Ele também citou que não houve incorporação privada do bem, pois ele ficou no fórum de Campo Grande, não deixou instalações públicas. Por ausência de tipicidade e ilicitude, o relator votou pelo arquivamento do processo.

Voto divergente
O desembargador Bernardo Garcez abriu a divergência. Ele apontou que, no ofício em que pediu o envio da estátua a Campo Grande, João Carlos Correa mencionou a estátua que estava na entrada do fórum de Búzios — que era a esculpida por Carlos Sisternas Assumpção e que só foi doada à Justiça em 2013, quando o juiz já não atuava na comarca.
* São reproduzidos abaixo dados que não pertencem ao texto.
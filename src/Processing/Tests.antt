-- ===== src/Processing/Tests.antt =====
-- Tests and instances for internal/message/processor.go, with a queue that is a list of ids.
use arandu_whatsapp.Authz.Checks.{check_instance_lookup, check_message_by_key, tenant_from_grant}
use arandu_whatsapp.Authz.Security.{Action-discrete, message_send}
use arandu_whatsapp.Database.{Db, InstanceRow, InstanceStatus}
use arandu_whatsapp.Database.Sql.{find}
use arandu_whatsapp.Errors.{Result, errors_is, ok}
use arandu_whatsapp.Fixtures.{DemoGrant, ascii, demo, grant_of}
use arandu_whatsapp.Messages.Reads.{find_by_key_id_for_instance}
use arandu_whatsapp.Messages.Store.{find_message}
use arandu_whatsapp.Policy.{Action-eq}
use arandu_whatsapp.Prelude.{
  ==_iff, Bool, List, List-eq, Option-eq, String-eq, [], any, arith, if◌then◌else◌, list_eq, none,
  not, refl, some, true, ℕ-eq, ◌&&◌, ◌==◌, ◌||◌, ◌∷◌, ◌≡◌,
}
use arandu_whatsapp.Prelude.Text.{Text, codes, trim_space}
use arandu_whatsapp.Processing.{
  Codec, Job, PreparedMentionAllJob, ProcessingEngine, Queue, SnapshotRow, Tables,
}
use arandu_whatsapp.Processing.Backing.{IsBacked}
use arandu_whatsapp.Processing.Execution.{
  Answers, find_by_name, process_mention_all_job, send_mention_all, send_refusal,
}
use arandu_whatsapp.Processing.Laws.{
  ProcessorOp, apply_all, apply_all-IsBacked, cleaning, enqueueing, handling,
}
use arandu_whatsapp.Processing.Processor.{
  enqueue, handle, handle_cleanup, handle_found, handle_of, handle_process, new_snapshot, opening,
}
use arandu_whatsapp.Processing.Promises.{
  Ends, IsFaithful, Sent, find-enqueue, handle-Sent, handlers_end,
}
use arandu_whatsapp.Processing.Repository.{
  create_snapshot, find_snapshot, message_processing_tenant, stored_row,
}

abbrev without : Text → List Text → List Text
without id [] = []
without id (x ∷ s) = if id == x then without id s else x ∷ without id s

abbrev queued : Text → List Text → Bool
queued k s = any (λ id. id == k) s

queued-without :
    (id k : Text) (s : List Text) → queued k (without id s) ≡ (not (id == k) && queued k s)
queued-without id k [] = ground arith
queued-without id k (x ∷ s) =
    ground (arith, queued-without id k s, ==_iff id x, ==_iff x k, ==_iff id k)

queued-push :
    (id k : Text) (s s' : List Text)
    → ◌≡◌ {A = Result (List Text)} (ok (id ∷ s)) (ok s')
    → queued k s' ≡ (id == k || queued k s)
queued-push id k s s' h = ground arith

queued-delete :
    (id k : Text) (s s' : List Text)
    → ◌≡◌ {A = Result (List Text)} (ok (without id s)) (ok s')
    → queued k s' ≡ (not (id == k) && queued k s)
queued-delete id k s s' h = ground (arith, queued-without id k s)

abbrev list_queue : Queue
list_queue = record {
  Jobs = List Text;
  push = λ id s. ok (id ∷ s);
  later = λ delay id s. ok (id ∷ s);
  delete_job = λ id s. ok (without id s);
  has_job = queued;
  has_job-push = queued-push;
  has_job-later = λ delay. queued-push;
  has_job-delete = queued-delete;
}

abbrev plain_codec : Codec
plain_codec = record {
  encode_base64 = λ s. s;
  decode_base64 = λ s. some s;
  is_json = λ s. true;
  marshal = λ s. ok s;
  unmarshal = λ s. some s;
}

abbrev engine : ProcessingEngine
engine = record {
  create_fault = none;
  find_fault = none;
  job_ids_fault = none;
  delete_fault = none;
  process_id = ok (codes "P");
  message_job = ok (codes "M");
  cleanup_job = ok (codes "C");
  codec = plain_codec;
  now = 5;
}

abbrev input : PreparedMentionAllJob
input = record {
  instance_id = 7;
  instance_name = codes "sales";
  remote_jid = codes "1@g.us";
  message_id = codes "K9";
  message_type = codes "conversation";
  message_payload = codes "x";
  content = codes "{}";
  presence = none;
  delay = 1_500_000;
  external_attributes = codes "null";
  webhook_instance = codes "{}";
}

abbrev empty : Tables list_queue
empty = record { snapshots = []; messages = record { messages = []; updates = [] }; jobs = [] }

abbrev stored : SnapshotRow
stored =
    stored_row plain_codec "acme" 5 (codes "null") (codes "{}")
      (new_snapshot (codes "P") (codes "M") (codes "C") input)

abbrev filled : Tables list_queue
filled = record empty { snapshots = stored ∷ []; jobs = codes "C" ∷ codes "M" ∷ [] }

abbrev sender : DemoGrant
sender = grant_of message_send "acme"

enqueue_fills :
    enqueue demo ascii (λ c. true) list_queue 100 engine sender input empty ≡ ok (filled, codes "P")
unfolding enqueue create_snapshot message_processing_tenant Action-discrete list_eq trim_space
enqueue_fills = refl

input-IsFaithful : IsFaithful demo ascii (λ c. true) list_queue 100 plain_codec input
input-IsFaithful = record {
  payload = refl;
  content = refl;
  attributes = λ s h. ground arith;
  webhook = λ s h. ground arith;
}

find-enqueue_example :
    (find_snapshot demo engine sender (codes "P") filled.snapshots
      ≡ ok (record (new_snapshot (codes "P") (codes "M") (codes "C") input) {
        delay = 1_000_000;
        created_at = 5;
      }))
    × (queued (codes "M") filled.jobs ≡ true)
    × (queued (codes "C") filled.jobs ≡ true)
    × (filled.messages ≡ empty.messages)
find-enqueue_example =
    find-enqueue demo ascii (λ c. true) list_queue 100 engine engine sender input (codes "P")
      (codes "M") (codes "C") empty filled refl refl refl refl input-IsFaithful enqueue_fills

abbrev sales : InstanceRow
sales = record {
  id = 7;
  tenant_id = "acme";
  name = codes "sales";
  status = InstanceStatus.online;
  owner_jid = none;
  profile_pic_url = none;
  description = none;
  external_attributes = [];
  connection_lock_owner = none;
  connection_lock_until = none;
  created_at = 1;
  updated_at = 1;
}

abbrev one_instance : Db
one_instance = record {
  instances = sales ∷ [];
  connections = [];
  messages = [];
  chats = [];
  contacts = [];
  webhooks = [];
  message_updates = [];
  webhook_deliveries = [];
  message_jobs = [];
  address_mappings = [];
}

abbrev answers : Answers
answers = record {
  instance_fault = none;
  message_fault = none;
  client = ok (some true);
  is_group = true;
  group_info = ok (codes "2@s" ∷ []);
  decodes_message = true;
  decodes_content = true;
  presence_and_delay = none;
  send = none;
  dispatch = none;
  remote = "1@g.us";
  raw = codes "{}";
  sent_at = 2147483657;
  timestamp_now = 2147483657;
  metadata = codes "{}";
  backend = record { fault = λ n. none; new_id = λ n. ok 1; now = 6 };
}

abbrev job : Job
job = record { decoded = ok (codes "P"); attempts = 1 }

opens : opening demo ascii (λ c. true) list_queue 100 sender (some job) ≡ ok (job, codes "P")
unfolding opening message_processing_tenant Action-discrete trim_space list_eq
opens = refl

handlers_end_example :
    Ends demo ascii
      (λ c. true)
      list_queue
      100
      sender
      (codes "P")
      filled
      (handle demo ascii
        (λ c. true)
        list_queue
        100
        engine
        answers
        sender
        (some job)
        one_instance
        filled)
    × Ends demo ascii
        (λ c. true)
        list_queue
        100
        sender
        (codes "P")
        filled
        (handle_cleanup demo ascii (λ c. true) list_queue 100 engine sender (some job) filled)
handlers_end_example =
    handlers_end demo ascii (λ c. true) list_queue 100 engine answers sender (some job) job
      (codes "P") one_instance filled opens

sends :
    (handle_of demo ascii
      (λ c. true)
      list_queue
      100
      engine
      answers
      sender
      (some job)
      one_instance
      filled).0
    ≡ true
unfolding handle_of opening handle_process find_snapshot message_processing_tenant handle_found
    process_mention_all_job find_by_name check_instance_lookup tenant_from_grant
    find_by_key_id_for_instance check_message_by_key find_message send_mention_all send_refusal
    errors_is trim_space find Action-discrete list_eq
sends = refl

handle-Sent_example :
    Sent demo ascii (λ c. true) list_queue 100 engine answers sender (codes "P") one_instance filled
handle-Sent_example =
    handle-Sent demo ascii (λ c. true) list_queue 100 engine answers sender (some job) job
      (codes "P") one_instance filled opens sends

abbrev ops : List (ProcessorOp demo ascii (λ c. true) list_queue 100)
ops =
    enqueueing engine sender input
    ∷ handling engine answers sender (some job) one_instance
    ∷ cleaning engine sender (some job)
    ∷ []

apply_all-IsBacked_example :
    IsBacked demo ascii
      (λ c. true)
      list_queue
      100
      (apply_all demo ascii (λ c. true) list_queue 100 ops empty)
apply_all-IsBacked_example =
    apply_all-IsBacked demo ascii (λ c. true) list_queue 100 ops empty
      ((λ m c p q. tt), (tt, (tt, tt))) (record { backed = tt; apart = tt })
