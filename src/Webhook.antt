-- ===== src/Webhook.antt =====
-- Webhooks: the events (internal/database/types/webhook.go), and the dispatcher that selects the
-- endpoints of an event (internal/webhook).
pub mod Events
pub mod Manager
pub mod Dispatch
pub mod Laws
mod Tests
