-- ===== src/Webhook/Events.antt =====
-- The webhook events of internal/database/types/webhook.go: their names, the switches of a
-- configuration, and the tables that relate them.
use arandu_whatsapp.Errors.{Error, external}
use arandu_whatsapp.Policy.{Action-eq}
use arandu_whatsapp.Prelude.{
  Bool, List, List-eq, Option, Option-eq, String, String-eq, [], contains, false, if◌then◌else◌,
  is_some, map, none, some, ℕ-eq, ◌∷◌,
}
use arandu_whatsapp.Prelude.Map.{get}

-- The constants of WebhookEvent; any other string is `unlisted`.
pub data WebhookEvent : Type 0 where
  event_qr_code_updated event_history_sync event_messages_upsert : WebhookEvent
  event_messages_updated event_messages_deleted event_messages_starred : WebhookEvent
  event_messages_undecryptable event_send_message event_contacts_upsert : WebhookEvent
  event_contacts_updated event_chats_updated event_chats_deleted : WebhookEvent
  event_presence_updated event_groups_upsert event_groups_updated : WebhookEvent
  event_groups_participants_updated event_connection_updated event_status_instance : WebhookEvent
  event_newsletter event_call_upsert event_labels_association : WebhookEvent
  event_labels_edit event_profile_picture_updated event_user_about_updated : WebhookEvent
  event_identity_updated event_media_retry event_settings_updated : WebhookEvent
  unlisted : String → WebhookEvent

-- The string of an event.
abbrev pub event_name : WebhookEvent → String
event_name event_qr_code_updated = "qrcode.updated"
event_name event_history_sync = "history.sync"
event_name event_messages_upsert = "messages.upsert"
event_name event_messages_updated = "messages.update"
event_name event_messages_deleted = "messages.delete"
event_name event_messages_starred = "messages.star"
event_name event_messages_undecryptable = "messages.undecryptable"
event_name event_send_message = "send.message"
event_name event_contacts_upsert = "contacts.upsert"
event_name event_contacts_updated = "contacts.update"
event_name event_chats_updated = "chats.updated"
event_name event_chats_deleted = "chats.delete"
event_name event_presence_updated = "presence.updated"
event_name event_groups_upsert = "groups.upsert"
event_name event_groups_updated = "groups.update"
event_name event_groups_participants_updated = "groups.participants.update"
event_name event_connection_updated = "connection.update"
event_name event_status_instance = "status.instance"
event_name event_newsletter = "news.letter"
event_name event_call_upsert = "call.upsert"
event_name event_labels_association = "labels.association"
event_name event_labels_edit = "labels.edit"
event_name event_profile_picture_updated = "profile.picture.update"
event_name event_user_about_updated = "user.about.update"
event_name event_identity_updated = "identity.update"
event_name event_media_retry = "media.retry"
event_name event_settings_updated = "settings.update"
event_name (unlisted name) = name

-- WebhookEvents
pub record WebhookEvents : Type 0 where
  pub qr_code_updated : Bool
  pub history_sync : Bool
  pub messages_upsert : Bool
  pub messages_updated : Bool
  pub messages_deleted : Bool
  pub messages_starred : Bool
  pub messages_undecryptable : Bool
  pub send_message : Bool
  pub contacts_upsert : Bool
  pub contacts_updated : Bool
  pub chats_updated : Bool
  pub chats_deleted : Bool
  pub presence_updated : Bool
  pub groups_upsert : Bool
  pub groups_updated : Bool
  pub groups_participants_updated : Bool
  pub connection_updated : Bool
  pub status_instance : Bool
  pub newsletter : Bool
  pub call_upsert : Bool
  pub labels_association : Bool
  pub labels_edit : Bool
  pub profile_picture_updated : Bool
  pub user_about_updated : Bool
  pub identity_updated : Bool
  pub media_retry : Bool
  pub settings_updated : Bool

-- The JSON object of a WebhookEvents: `v` reads a field by its tag, false where it is missing.
unfoldable pub of_fields : (String → Bool) → WebhookEvents
of_fields v = record {
  qr_code_updated = v "qrcodeUpdated";
  history_sync = v "historySync";
  messages_upsert = v "messagesUpsert";
  messages_updated = v "messagesUpdated";
  messages_deleted = v "messagesDeleted";
  messages_starred = v "messagesStarred";
  messages_undecryptable = v "messagesUndecryptable";
  send_message = v "sendMessage";
  contacts_upsert = v "contactsUpsert";
  contacts_updated = v "contactsUpdated";
  chats_updated = v "chatsUpdated";
  chats_deleted = v "chatsDeleted";
  presence_updated = v "presenceUpdated";
  groups_upsert = v "groupsUpsert";
  groups_updated = v "groupsUpdated";
  groups_participants_updated = v "groupsParticipantsUpdated";
  connection_updated = v "connectionUpdated";
  status_instance = v "statusInstance";
  newsletter = v "newsLetter";
  call_upsert = v "callUpsert";
  labels_association = v "labelsAssociation";
  labels_edit = v "labelsEdit";
  profile_picture_updated = v "profilePictureUpdated";
  user_about_updated = v "userAboutUpdated";
  identity_updated = v "identityUpdated";
  media_retry = v "mediaRetry";
  settings_updated = v "settingsUpdated";
}

-- IsEnabled
unfoldable pub is_enabled : WebhookEvents → WebhookEvent → Bool
is_enabled e event_qr_code_updated = e.qr_code_updated
is_enabled e event_history_sync = e.history_sync
is_enabled e event_messages_upsert = e.messages_upsert
is_enabled e event_messages_updated = e.messages_updated
is_enabled e event_messages_deleted = e.messages_deleted
is_enabled e event_messages_starred = e.messages_starred
is_enabled e event_messages_undecryptable = e.messages_undecryptable
is_enabled e event_send_message = e.send_message
is_enabled e event_contacts_upsert = e.contacts_upsert
is_enabled e event_contacts_updated = e.contacts_updated
is_enabled e event_chats_updated = e.chats_updated
is_enabled e event_chats_deleted = e.chats_deleted
is_enabled e event_presence_updated = e.presence_updated
is_enabled e event_groups_upsert = e.groups_upsert
is_enabled e event_groups_updated = e.groups_updated
is_enabled e event_groups_participants_updated = e.groups_participants_updated
is_enabled e event_connection_updated = e.connection_updated
is_enabled e event_status_instance = e.status_instance
is_enabled e event_newsletter = e.newsletter
is_enabled e event_call_upsert = e.call_upsert
is_enabled e event_labels_association = e.labels_association
is_enabled e event_labels_edit = e.labels_edit
is_enabled e event_profile_picture_updated = e.profile_picture_updated
is_enabled e event_user_about_updated = e.user_about_updated
is_enabled e event_identity_updated = e.identity_updated
is_enabled e event_media_retry = e.media_retry
is_enabled e event_settings_updated = e.settings_updated
is_enabled e (unlisted name) = false

-- webhookEventsByName
abbrev pub webhook_events_by_name : List WebhookEvent
webhook_events_by_name =
    event_qr_code_updated ∷ event_history_sync ∷ event_messages_upsert ∷ event_messages_updated
    ∷ event_messages_deleted ∷ event_messages_starred ∷ event_messages_undecryptable
    ∷ event_send_message ∷ event_contacts_upsert ∷ event_contacts_updated ∷ event_chats_updated
    ∷ event_chats_deleted ∷ event_presence_updated ∷ event_groups_upsert ∷ event_groups_updated
    ∷ event_groups_participants_updated ∷ event_connection_updated ∷ event_status_instance
    ∷ event_newsletter ∷ event_call_upsert ∷ event_labels_association ∷ event_labels_edit
    ∷ event_profile_picture_updated ∷ event_user_about_updated ∷ event_identity_updated
    ∷ event_media_retry ∷ event_settings_updated ∷ []

-- webhookFieldsByName
abbrev pub webhook_fields_by_name : List (String × WebhookEvent)
webhook_fields_by_name =
    ("qrcodeUpdated", event_qr_code_updated)
    ∷ ("historySync", event_history_sync)
    ∷ ("messagesUpsert", event_messages_upsert)
    ∷ ("messagesUpdated", event_messages_updated)
    ∷ ("messagesDeleted", event_messages_deleted)
    ∷ ("messagesStarred", event_messages_starred)
    ∷ ("messagesUndecryptable", event_messages_undecryptable)
    ∷ ("sendMessage", event_send_message)
    ∷ ("contactsUpsert", event_contacts_upsert)
    ∷ ("contactsUpdated", event_contacts_updated)
    ∷ ("chatsUpdated", event_chats_updated)
    ∷ ("chatsDeleted", event_chats_deleted)
    ∷ ("presenceUpdated", event_presence_updated)
    ∷ ("groupsUpsert", event_groups_upsert)
    ∷ ("groupsUpdated", event_groups_updated)
    ∷ ("groupsParticipantsUpdated", event_groups_participants_updated)
    ∷ ("connectionUpdated", event_connection_updated)
    ∷ ("statusInstance", event_status_instance)
    ∷ ("newsLetter", event_newsletter)
    ∷ ("callUpsert", event_call_upsert)
    ∷ ("labelsAssociation", event_labels_association)
    ∷ ("labelsEdit", event_labels_edit)
    ∷ ("profilePictureUpdated", event_profile_picture_updated)
    ∷ ("userAboutUpdated", event_user_about_updated)
    ∷ ("identityUpdated", event_identity_updated)
    ∷ ("mediaRetry", event_media_retry)
    ∷ ("settingsUpdated", event_settings_updated)
    ∷ []

-- IsSupported: the constant is a key of webhookEventsByName.
unfoldable pub is_supported : WebhookEvent → Bool
is_supported event = contains (map event_name webhook_events_by_name) (event_name event)

-- IsWebhookEventField
unfoldable pub is_webhook_event_field : String → Bool
is_webhook_event_field field = is_some (get webhook_fields_by_name field)

-- ValidateWebhookEventFields, over the fields of the map in some order
unfoldable pub validate_webhook_event_fields : List String → Option Error
unfolding is_webhook_event_field
validate_webhook_event_fields [] = none
validate_webhook_event_fields (event ∷ events) =
    if is_webhook_event_field event
    then validate_webhook_event_fields events
    else some (external "invalid webhook event")
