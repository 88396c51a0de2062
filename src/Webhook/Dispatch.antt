-- ===== src/Webhook/Dispatch.antt =====
-- Dispatch of internal/webhook/manager.go and the lookup of internal/webhook/configuration_cache.go.
use arandu_whatsapp.Authz.Checks.{check_instance_lookup}
use arandu_whatsapp.Authz.Security.{Security, runtime}
use arandu_whatsapp.Errors.{
  Error, Result, err, errors_is, errors_join, external, fail, forbidden, join, ok, sentinel,
  signing_secret_required, unsupported_event, webhook_configuration_not_found, wrap, ◌>>=◌,
}
use arandu_whatsapp.Policy.{Action-eq}
use arandu_whatsapp.Prelude.{
  Bool, List, List-eq, Option, Option-eq, String, String-eq, [], false, if◌then◌else◌, none, not,
  some, ℕ-eq, ◌++◌, ◌==◌, ◌||◌, ◌∷◌,
}
use arandu_whatsapp.Prelude.Text.{Text, Unicode, codes}
use arandu_whatsapp.Webhook.Events.{
  WebhookEvent, WebhookEvents, event_name, is_enabled, is_supported, of_fields,
}
use arandu_whatsapp.Webhook.Manager.{ConfigurationCache, Manager, cache_enabled, normalize_url}

-- What Dispatch reads of a types.Webhook; `events` is the JSON text.
pub record WebhookConfiguration : Type 0 where
  pub url : Text
  pub enabled : Bool
  pub events : Text

-- cachedConfiguration; the webhook is that of `found`.
pub data CachedConfiguration : Type 0 where
  missing : CachedConfiguration
  found : WebhookConfiguration → CachedConfiguration

-- The callback of cache.Remember: what is cached of a read.
unfoldable pub to_cached : Result WebhookConfiguration → Result CachedConfiguration
to_cached (ok webhook) = ok (found webhook)
to_cached (err e) = if errors_is e webhook_configuration_not_found then ok missing else err e

-- configurationCache.lookup, where `remember` is what cache.Remember answers, given the result of its
-- callback.
unfoldable pub lookup :
    (Result CachedConfiguration → Result CachedConfiguration)
    → ConfigurationCache
    → Result WebhookConfiguration
    → Result WebhookConfiguration
unfolding to_cached cache_enabled
lookup remember c read = if not (cache_enabled c) then read else elim (remember (to_cached read)) [
  | err e ↦ err e
  | ok missing ↦ fail webhook_configuration_not_found
  | ok (found webhook) ↦ ok webhook
]

pub data Target : Type 0 where
  instance_target global_target : Target

-- A hesapewebhook.ManagerEndpoint, by the target in its id and its URL.
pub record Endpoint : Type 0 where
  pub target : Target
  pub url : Text

-- What Dispatch asks of other packages: JSON, the URL check, ids and the delivery engine.
pub record Services : Type 0 where
  pub marshalled : Option Error
  pub unmarshal_events : Text → Result (String → Bool)
  pub hesape_normalize_url : Text → Option Text
  pub new_id : Option Error
  pub delivery : List Endpoint → Option Error

-- ParseWebhookEvents
unfoldable pub parse_webhook_events : Services → Text → Result WebhookEvents
parse_webhook_events sv raw =
    if raw == [] || raw == codes "null"
    then ok (of_fields (λ f. false))
    else (do v ← sv.unmarshal_events raw; ok (of_fields v))

module _ (unicode : Unicode) (sv : Services) where
  -- The switch on the configuration: the endpoint of the instance, and the error of the switch.
  unfoldable pub instance_endpoint :
      WebhookEvent → Result WebhookConfiguration → Option Error × List Endpoint
  unfolding normalize_url parse_webhook_events
  instance_endpoint event (err e) =
      if errors_is e webhook_configuration_not_found then (none, []) else (some e, [])
  instance_endpoint event (ok configured) =
      if not configured.enabled
      then (none, [])
      else elim (parse_webhook_events sv configured.events) [
        | err e ↦ (some (join (external "parse webhook configuration events") e), [])
        | ok events ↦
            if not (is_enabled events event)
            then (none, [])
            else elim (normalize_url unicode sv.hesape_normalize_url configured.url) [
              | err e ↦ (some (join (external "normalize configured webhook URL") e), [])
              | ok url ↦ (none, record { target = instance_target; url = url } ∷ [])
            ]
      ]

  unfoldable pub global_endpoint : Manager → List Endpoint
  global_endpoint m =
      if m.global_enabled then record { target = global_target; url = m.global_url } ∷ [] else []

  -- From `len(endpoints) == 0` on: the error, and the endpoints handed to the delivery engine.
  unfoldable pub deliver : Manager → Option Error → List Endpoint → Option Error × List Endpoint
  deliver m failed [] = (failed, [])
  deliver m failed (x ∷ endpoints) =
      if not m.signing_available
      then (errors_join failed (some (sentinel signing_secret_required)), [])
      else elim sv.new_id [
        | some e ↦ (errors_join failed (some e), [])
        | none ↦ (errors_join failed (sv.delivery (x ∷ endpoints)), x ∷ endpoints)
      ]

  -- Dispatch under the runtime Grant; `configured` is the answer of the lookup.
  unfoldable pub dispatch_event :
      Manager → WebhookEvent → Result WebhookConfiguration → Option Error × List Endpoint
  unfolding deliver instance_endpoint global_endpoint
  dispatch_event m event configured =
      let (failed, endpoints) = instance_endpoint event configured in
      deliver m failed (endpoints ++ global_endpoint m)

  module _ (security : Security) where
    open security use {Grant, tenant, system_grant}

    -- webhookRuntimeGrant
    unfoldable pub webhook_runtime_grant : Grant → Result Grant
    webhook_runtime_grant g =
        if tenant g == ""
        then err (wrap forbidden (external "grant has no tenant"))
        else ok (system_grant runtime (tenant g))

    -- Dispatch; `configured` answers the lookup under the runtime Grant. The result has the error, and,
    -- where the endpoints are selected, the Grant and the endpoints handed to the delivery engine.
    unfoldable pub dispatch :
        Manager
        → WebhookEvent
        → (Grant → Result WebhookConfiguration)
        → Grant
        → Option Error × Option (Grant × List Endpoint)
    unfolding dispatch_event webhook_runtime_grant
    dispatch m event configured g = elim (check_instance_lookup security g) [
      | some e ↦ (some e, none)
      | none ↦
          if not (is_supported event)
          then (some (wrap unsupported_event (external (event_name event))), none)
          else elim (webhook_runtime_grant g) [
            | err e ↦ (some e, none)
            | ok r ↦ elim sv.marshalled [
              | some e ↦ (some e, none)
              | none ↦
                  let (failed, endpoints) = dispatch_event m event (configured r) in
                  (failed, some (r, endpoints))
            ]
          ]
    ]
Garcez também destacou que as duas estátuas são muito diferentes. E questionou o fato de Correa, após ter sido intimado pela Corregedoria, restituir o bem em um dia, sem questionamentos. Afinal, se o item fosse de sua propriedade, ele teria afirmado isso ao órgão, declarou o desembargador.

O magistrado entendeu que Correa violou o artigo 18 do Código de Ética da Magistratura, que proíbe magistrados de usarem bens públicos para fins privados sem autorização, e o artigo 35, VIII, da Lei Orgânica da Magistratura (Lei Complementar 35/1979), que obriga os juízes a manterem “conduta irrepreensível na vida pública e particular”.

Também com base em seus maus antecedentes, Bernardo Garcez votou para aplicar a pena de disponibilidade a Correa, que o afastaria por cargo por pelo menos dois anos.

No entanto, prevaleceu o voto da desembargadora Elisabete Filizzola pela aplicação da sanção de advertência, que pode impedir a promoção do magistrado por merecimento.

A magistrada disse que os maus antecedentes citados por Garcez não estão nos autos. Dessa maneira, ela considerou exagerada a pena de disponibilidade. Mas entendeu que Correa deve ser advertido, pois não houve apenas erro no envio das estátuas, visto que uma é bem diferente da outra.

Outras polêmicas
Correa já se envolveu em outras situações polêmicas. Ele foi parado em uma blitz em 2011, no Rio, dirigindo sem habilitação e com o veículo sem placa. Quando ele se identificou, a agente Luciana Tamburini disse que ele poderia ser juiz, mas não Deus. Corrêa considerou a fala “debochada” e deu voz de prisão à funcionária do Detran, por desacato. O juiz acabou sendo alvo de um processo administrativo, mas foi absolvido em 2013 pelo Órgão Especial do TJ-RJ.

O magistrado também foi acusado de favorecer grileiros de terra em Búzios e liderar fiscalizações em free shops de transatlânticos internacionais que ancoravam na cidade. Correa alega que todas as decisões foram tomadas com base na lei.